The two women came up with the plan for a job share while both on maternity leave. They had already worked together for more than four years and were close friends. Kitching put together a business case for the arrangement and together they pitched it to their employer. Since setting up the job share in 2012 they have been promoted twice.
Given the charity’s work involves people with caring responsibilities, it has long fostered flexible working and to some extent their job share proposal was “playing into an open goal”, said Kitching. But still, she was keen to emphasise there was a business case from Age UK’s side.
“They were retaining our skills and it’s quite a full-on job and requires availability for Westminster-style hours,” says Kitching.
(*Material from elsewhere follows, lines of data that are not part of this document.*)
-- ===== src/Storage/Gpu.antt =====
-- EGAD/gpu_storage.cuh: the executor's reads and writes of a table, by a warp or by one thread.
--
-- A value is an array of 32-bit words. In a cooperative call lane 0 of the warp picks the slot and
-- broadcasts its address; each of the 32 lanes then handles the words `offset + lane`,
-- `offset + lane + 32`, and so on. The lanes write disjoint words: `warp_store` runs them in order.
-- The dirty arrays are the pointers `dirty_v1` and `dirty_v2`, `none` for a null pointer.
use egad_code.Prelude.{
  ℕ, zero, suc, ◌+◌, ◌/◌, Option, none, some, not, ◌&&◌, ◌==◌, ltb, if◌then◌else◌,
}
use egad_code.Prelude.Words.{add32, absent}
use egad_code.Storage.{
  Table, Target, first, second, in_record, in_version, update, read_target, write_target,
  target_value, poll, set_value, set_version,
}

abbrev pub Words : Type 0
Words = ℕ → ℕ

-- The loop over `base` of one lane of a cooperative read, for `rounds` more rounds.
unfoldable pub lane_sum : Words → ℕ → ℕ → ℕ → ℕ → ℕ → ℕ → ℕ
lane_sum words offset length lane zero base result = result
lane_sum words offset length lane (suc rounds) base result =
    lane_sum words offset length lane rounds (base + 32)
      (if ltb (lane + base) length then add32 result (words (offset + base + lane)) else result)

-- The loop over `i` of a read by one thread.
unfoldable pub thread_sum : Words → ℕ → ℕ → ℕ → ℕ → ℕ
thread_sum words offset zero i result = result
thread_sum words offset (suc left) i result =
    thread_sum words offset left (i + 1) (add32 result (words (offset + i)))

-- The rounds of `for (base = 0; base < length; base += 32)`.
abbrev pub warp_rounds : ℕ → ℕ
warp_rounds length = (length + 31) / 32

-- The loop over `base` of one lane of a cooperative write.
unfoldable pub lane_store : ℕ → ℕ → ℕ → ℕ → ℕ → ℕ → Words → Words
lane_store offset length lane word zero base words = words
lane_store offset length lane word (suc rounds) base words =
    lane_store offset length lane word rounds (base + 32)
      (if ltb (lane + base) length then update words (offset + base + lane) word else words)

-- The first `lanes` lanes of the warp, each with its own word.
unfoldable pub warp_store : ℕ → ℕ → Words → ℕ → Words → Words
unfolding lane_store
warp_store offset length word zero words = words
warp_store offset length word (suc lanes) words =
    lane_store offset length lanes (word lanes) (warp_rounds length) 0
      (warp_store offset length word lanes words)

-- The loop over `i` of a write by one thread.
unfoldable pub thread_store : ℕ → ℕ → ℕ → ℕ → Words → Words
thread_store offset word zero i words = words
thread_store offset word (suc left) i words =
    thread_store offset word left (i + 1) (update words (offset + i) word)

-- `gpuReadFromTableCoop` for one lane; `none` while the leader spins.
unfoldable pub gpu_read_from_table_coop : Table Words → ℕ → ℕ → ℕ → ℕ → ℕ → ℕ → ℕ → Option ℕ
unfolding read_target poll target_value lane_sum
gpu_read_from_table_coop t record_id read_loc epoch result lane offset length =
    if record_id == absent
    then some result
    else let (target, waits) = read_target t record_id read_loc epoch in
      if waits && not (poll t record_id target epoch)
      then none
      else some
          (lane_sum (target_value t record_id target) offset length lane (warp_rounds length) 0 0)

-- `gpuReadFromTableThread`; it adds to the result that it is given.
unfoldable pub gpu_read_from_table_thread : Table Words → ℕ → ℕ → ℕ → ℕ → ℕ → ℕ → Option ℕ
unfolding read_target poll target_value thread_sum
gpu_read_from_table_thread t record_id read_loc epoch result offset length =
    if record_id == absent
    then some result
    else let (target, waits) = read_target t record_id read_loc epoch in
      if waits && not (poll t record_id target epoch)
      then none
      else some (thread_sum (target_value t record_id target) offset length 0 result)

pub record Device : Type 0 where
  pub table : Table Words
  pub dirty_v1 : Option (ℕ → ℕ)
  pub dirty_v2 : Option (ℕ → ℕ)

-- `if (dirty != nullptr) dirty[record_id] = 1;`
abbrev pub set_dirty : Option (ℕ → ℕ) → ℕ → Option (ℕ → ℕ)
set_dirty none record_id = none
set_dirty (some flags) record_id = some (update flags record_id 1)

unfoldable pub mark_dirty : Device → ℕ → Target → Device
mark_dirty d record_id (in_record first) = record d { dirty_v1 = set_dirty d.dirty_v1 record_id }
mark_dirty d record_id (in_record second) = record d { dirty_v2 = set_dirty d.dirty_v2 record_id }
mark_dirty d record_id (in_version i) = d

-- `gpuWriteToTableCoop` for a whole warp, lane `l` holding the word `word l`.
unfoldable pub gpu_write_to_table_coop : Device → ℕ → ℕ → ℕ → Words → ℕ → ℕ → Device
unfolding write_target mark_dirty warp_store set_value set_version target_value
gpu_write_to_table_coop d record_id write_loc epoch word offset length =
    if record_id == absent
    then d
    else let target = write_target d.table record_id write_loc in
      let d' = mark_dirty d record_id target in
      let value = warp_store offset length word 32 (target_value d'.table record_id target) in
      record d' {
        table = set_version (set_value d'.table record_id target value) record_id target epoch;
      }

-- `gpuWriteToTableThread`.
unfoldable pub gpu_write_to_table_thread : Device → ℕ → ℕ → ℕ → ℕ → ℕ → ℕ → Device
unfolding write_target mark_dirty thread_store set_value set_version target_value
gpu_write_to_table_thread d record_id write_loc epoch word offset length =
    if record_id == absent
    then d
    else let target = write_target d.table record_id write_loc in
      let d' = mark_dirty d record_id target in
      let value = thread_store offset word length 0 (target_value d'.table record_id target) in
      record d' {
        table = set_version (set_value d'.table record_id target value) record_id target epoch;
      }
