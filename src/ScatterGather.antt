-- ===== src/ScatterGather.antt =====
-- EGAD/scatter_gather.h and EGAD/scatter_gather.cu: records packed on the host, copied in bulk and
-- scattered to the device, and written versions packed on the device and scattered to the host.
--
-- A value is `val_words` words of 32 bits (`kValBytes / 4`, as the static assertions ask). A buffer
-- of packed entries is a function of the entry's number: entry `i` stands for the bytes from
-- `i * kPackedVersionsBytes_` on (`Packed`), or from `i * kPackedWritebackBytes_` on (`Commit`).
-- The threads and lanes of a kernel run in the order of their numbers; no two of them write the
-- same word unless a number of a record occurs twice. A function that returns at once for `n = 0`
-- is its loop of no rounds.
pub mod Kernels
pub mod Copies
pub mod Transfer
pub mod Chunks
pub mod Admission
pub mod Writeback
pub mod Pipeline
pub mod Drained
pub mod RoundTrip
pub mod Buffers
pub mod Capacity
use Prim.Native.Nat.{max}
use egad_code.Prelude.{ℕ, zero, suc, ◌+◌, ◌-◌, ◌*◌, ◌/◌, min, ltb, ◌==◌, if◌then◌else◌}
use egad_code.Prelude.Words.{absent}
use egad_code.Prelude.Loops.{for_upto, for_range}
use egad_code.Storage.{
  Record, Slot, first, second, update, slot_version, slot_value, with_value, with_version,
}
use egad_code.Storage.Gpu.{Words}

-- `[ver1 | ver2 | value]`.
pub record Packed : Type 0 where
  pub ver1 : ℕ
  pub ver2 : ℕ
  pub value : Words

-- `[version | value]`.
pub record Commit : Type 0 where
  pub version : ℕ
  pub value : Words

abbrev pub Records : Type 0
Records = ℕ → Record Words

-- `kPackedVersionsBytes_` and `kPackedWritebackBytes_`.
abbrev pub packed_versions_bytes : ℕ → ℕ
packed_versions_bytes val_words = 8 + 4 * val_words

abbrev pub packed_writeback_bytes : ℕ → ℕ
packed_writeback_bytes val_words = 4 + 4 * val_words

unfoldable pub classify_prev_slot_host : ℕ → ℕ → ℕ → ℕ
classify_prev_slot_host v1 v2 epoch =
    if v1 == epoch then 1 else if v2 == epoch then 0 else if ltb v1 v2 then 1 else 0

-- `(slot == 0) ? ... : ...`.
abbrev pub slot_at : ℕ → Slot
slot_at slot = if slot == 0 then first else second

-- `memcpy` of the first `n` words.
abbrev pub memcpy_words : ℕ → Words → Words → Words
memcpy_words n src dst j = if ltb j n then src j else dst j

-- `memcpy` or `cudaMemcpyAsync` of `n` elements from `src + base`.
abbrev pub memcpy_array : {A : Type 0} → ℕ → (ℕ → A) → ℕ → (ℕ → A) → ℕ → A
memcpy_array n src base dst i = if ltb i n then src (base + i) else dst i

-- The packed versions and the slots of their values, on the host.
pub record Gathered : Type 0 where
  pub packed : ℕ → Packed
  pub prev_slots : ℕ → ℕ

module _ (val_words : ℕ) where
  -- The entry for one CRID, over what the buffer held; zeros for the sentinel.
  unfoldable pub gather_entry : Records → ℕ → ℕ → Packed → Packed × ℕ
  unfolding classify_prev_slot_host
  gather_entry cpu crid epoch old =
      let r = cpu crid in
      let slot = classify_prev_slot_host r.version1 r.version2 epoch in
      if crid == absent
      then (record { ver1 = 0; ver2 = 0; value = memcpy_words val_words (λ _. 0) old.value }, 0)
      else (
        record {
          ver1 = r.version1;
          ver2 = r.version2;
          value = memcpy_words val_words (slot_value r (slot_at slot)) old.value;
        },
        slot,
      )

  -- The body of the loops: CRID `idx` to entry `i`.
  unfoldable pub gather_step : Records → (ℕ → ℕ) → ℕ → ℕ → ℕ → Gathered → Gathered
  unfolding gather_entry
  gather_step cpu h_crids epoch idx i g =
      let (entry, slot) = gather_entry cpu (h_crids idx) epoch (g.packed i) in
      record { packed = update g.packed i entry; prev_slots = update g.prev_slots i slot }

  unfoldable pub gather_host_versions_range : Records → (ℕ → ℕ) → ℕ → ℕ → ℕ → Gathered → Gathered
  unfolding gather_step for_upto
  gather_host_versions_range cpu h_crids base n epoch out =
      for_upto n (λ i. gather_step cpu h_crids epoch (base + i) i) out

  -- `for (base = 0; base < n; base += chunk_elems)`, each block up to `min(n, base + chunk_elems)`.
  unfoldable pub gather_blocks : ℕ → ℕ → Records → (ℕ → ℕ) → ℕ → ℕ → ℕ → Gathered → Gathered
  unfolding gather_step for_upto
  gather_blocks zero chunk_elems cpu h_crids n epoch base out = out
  gather_blocks (suc fuel) chunk_elems cpu h_crids n epoch base out =
      let end = min n (base + chunk_elems) in
      let out' = for_range base (end - base) (λ i. gather_step cpu h_crids epoch i i) out in
      let rest = gather_blocks fuel chunk_elems cpu h_crids n epoch (base + chunk_elems) out' in
      if ltb base n then rest else out

  unfoldable pub gather_host_versions : Records → (ℕ → ℕ) → ℕ → ℕ → Gathered → Gathered
  unfolding gather_blocks
  gather_host_versions cpu h_crids n epoch out =
      gather_blocks n (max 1 (2097152 / packed_versions_bytes val_words)) cpu h_crids n epoch 0 out

  -- The body of the loops of the host scatter: the value, then the version, of the record
  -- with CRID `idx`, from entry `i`; the sentinel is skipped.
  unfoldable pub scatter_host_step : (ℕ → ℕ) → (ℕ → ℕ) → (ℕ → Commit) → ℕ → ℕ → Records → Records
  scatter_host_step h_crids h_curr_slots src idx i cpu =
      let crid = h_crids idx in
      let slot = slot_at (h_curr_slots idx) in
      let r = cpu crid in
      let stored = with_value r slot (memcpy_words val_words (src i).value (slot_value r slot)) in
      if crid == absent then cpu else update cpu crid (with_version stored slot (src i).version)

  unfoldable pub scatter_host_versions_range_from_packed :
      Records → (ℕ → ℕ) → (ℕ → ℕ) → ℕ → ℕ → (ℕ → Commit) → Records
  unfolding scatter_host_step for_upto
  scatter_host_versions_range_from_packed cpu h_crids h_curr_slots base n packed_vers =
      for_upto n (λ i. scatter_host_step h_crids h_curr_slots packed_vers (base + i) i) cpu
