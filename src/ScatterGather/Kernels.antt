-- ===== src/ScatterGather/Kernels.antt =====
-- EGAD/scatter_gather.cu: the kernels that scatter and pack, by a thread or by a warp per record,
-- and their launches. `n` is cast to 32 bits.
use egad_code.Prelude.{ℕ, ◌+◌, ◌-◌, ◌*◌, ◌/◌, ◌%◌, ◌^◌, leb, ◌==◌, if◌then◌else◌}
use egad_code.Prelude.Loops.{for_upto, stride_loop, grid_stride, grid_guard}
use egad_code.Storage.{Record, Slot, update, slot_version, slot_value, with_value}
use egad_code.Storage.Gpu.{Words}
use egad_code.ScatterGather.{Packed, Commit, Records, slot_at}

abbrev pub with_versions : Record Words → Packed → Record Words
with_versions r p = record r { version1 = p.ver1; version2 = p.ver2 }

module _ (val_words : ℕ) where
  -- `for (w = 0; w < kValWords; ++w) d_val[w] = s_val[w];`
  unfoldable pub copy_words : Words → Words → Words
  unfolding for_upto
  copy_words src dst = for_upto val_words (λ w d. update d w (src w)) dst

  -- `for (w = lane; w < kValWords; w += 32u)`.
  unfoldable pub copy_words_lane : Words → ℕ → Words → Words
  unfolding stride_loop
  copy_words_lane src lane dst =
      stride_loop val_words lane 32 val_words (λ w d. update d w (src w)) dst

  -- One thread of `k_scatter_versions`, on the record it writes.
  unfoldable pub scatter_thread : Packed → Slot → Record Words → Record Words
  unfolding copy_words
  scatter_thread p slot r =
      let r' = with_versions r p in with_value r' slot (copy_words p.value (slot_value r' slot))

  -- One lane of `k_scatter_versions_warp`.
  unfoldable pub scatter_lane : Packed → Slot → ℕ → Record Words → Record Words
  unfolding copy_words_lane
  scatter_lane p slot lane r =
      let r' = if lane == 0 then with_versions r p else r in
      with_value r' slot (copy_words_lane p.value lane (slot_value r' slot))

  unfoldable pub scatter_warp : Packed → Slot → Record Words → Record Words
  unfolding scatter_lane for_upto
  scatter_warp p slot r = for_upto 32 (scatter_lane p slot) r

  -- The kernels, on a grid of `threads` threads and of `warps` warps.
  unfoldable pub k_scatter_versions : ℕ → (ℕ → Packed) → (ℕ → ℕ) → (ℕ → ℕ) → Records → ℕ → Records
  unfolding grid_guard scatter_thread
  k_scatter_versions threads packed_vers grids prev_slots dst_slots n =
      grid_guard threads n
        (λ i dst.
          update dst (grids i)
            (scatter_thread (packed_vers i) (slot_at (prev_slots i)) (dst (grids i))))
        dst_slots

  unfoldable pub k_scatter_versions_warp :
      ℕ → (ℕ → Packed) → (ℕ → ℕ) → (ℕ → ℕ) → Records → ℕ → Records
  unfolding grid_stride scatter_warp
  k_scatter_versions_warp warps packed_vers grids prev_slots dst_slots n =
      grid_stride warps n
        (λ i dst.
          update dst (grids i)
            (scatter_warp (packed_vers i) (slot_at (prev_slots i)) (dst (grids i))))
        dst_slots

  -- The launch of one of them with blocks of 256 threads.
  unfoldable pub launch_scatter : (ℕ → Packed) → (ℕ → ℕ) → (ℕ → ℕ) → Records → ℕ → Records
  unfolding k_scatter_versions k_scatter_versions_warp
  launch_scatter packed_vers grids prev_slots gpu n =
      if leb 32 (4 * val_words)
      then k_scatter_versions_warp ((n + 8 - 1) / 8 * 8) packed_vers grids prev_slots gpu
          (n % 2 ^ 32)
      else k_scatter_versions ((n + 256 - 1) / 256 * 256) packed_vers grids prev_slots gpu
          (n % 2 ^ 32)

  -- One round of `k_pack_versions_by_grids`, on the entry it writes.
  unfoldable pub pack_thread : Record Words → Slot → Commit → Commit
  unfolding copy_words
  pack_thread r slot entry = record {
    version = slot_version r slot;
    value = copy_words (slot_value r slot) entry.value;
  }

  -- One lane of `k_pack_versions_by_grids_warp`.
  unfoldable pub pack_lane : Record Words → Slot → ℕ → Commit → Commit
  unfolding copy_words_lane
  pack_lane r slot lane entry = record {
    version = if lane == 0 then slot_version r slot else entry.version;
    value = copy_words_lane (slot_value r slot) lane entry.value;
  }

  unfoldable pub pack_warp : Record Words → Slot → Commit → Commit
  unfolding pack_lane for_upto
  pack_warp r slot entry = for_upto 32 (pack_lane r slot) entry

  unfoldable pub k_pack_versions_by_grids :
      ℕ → Records → (ℕ → ℕ) → (ℕ → ℕ) → (ℕ → Commit) → ℕ → ℕ → Commit
  unfolding grid_stride pack_thread
  k_pack_versions_by_grids threads src_slots grids curr_slots packed_vers n =
      grid_stride threads n
        (λ i out. update out i (pack_thread (src_slots (grids i)) (slot_at (curr_slots i)) (out i)))
        packed_vers

  unfoldable pub k_pack_versions_by_grids_warp :
      ℕ → Records → (ℕ → ℕ) → (ℕ → ℕ) → (ℕ → Commit) → ℕ → ℕ → Commit
  unfolding grid_stride pack_warp
  k_pack_versions_by_grids_warp warps src_slots grids curr_slots packed_vers n =
      grid_stride warps n
        (λ i out. update out i (pack_warp (src_slots (grids i)) (slot_at (curr_slots i)) (out i)))
        packed_vers

  -- The launch of `wb_async_queue_pack`.
  unfoldable pub launch_pack : Records → (ℕ → ℕ) → (ℕ → ℕ) → (ℕ → Commit) → ℕ → ℕ → Commit
  unfolding k_pack_versions_by_grids k_pack_versions_by_grids_warp
  launch_pack gpu grids curr_slots packed_vers n =
      if leb 32 (4 * val_words)
      then k_pack_versions_by_grids_warp ((n + 8 - 1) / 8 * 8) gpu grids curr_slots packed_vers
          (n % 2 ^ 32)
      else k_pack_versions_by_grids ((n + 256 - 1) / 256 * 256) gpu grids curr_slots packed_vers
          (n % 2 ^ 32)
The job share has also gone down well with people outside the organisation, even if it means they might meet one half of the partnership one day and the other half another.
“I thought that it would be a problem but actually either they can’t tell the difference or they don’t care. What they want is Age UK,” says Kitching.
Pearce says the job share was a way for them to stay with the charity in roles they both care deeply about. “We have worked for the organisation for 18 years between us. We are very committed to it … We are both so interested in the job.”
She has a five-year-old son while Kitching has a four-year-old daughter and a two-year-old son with complex disabilities who requires three or four medical appointments a week. Kitching’s husband works part-time and between them the couple work approximately the hours of a full-time job. “It’s a constant shock to NHS staff we meet that we both work,” says Kitching. “The job share is about trying to build a career that allows me to be wholly available when I am at home and wholly available when at work.”
Pearce’s advice to anyone interested in a job share is to bring it up with their employer. “If you don’t ask, you don’t get,” she says.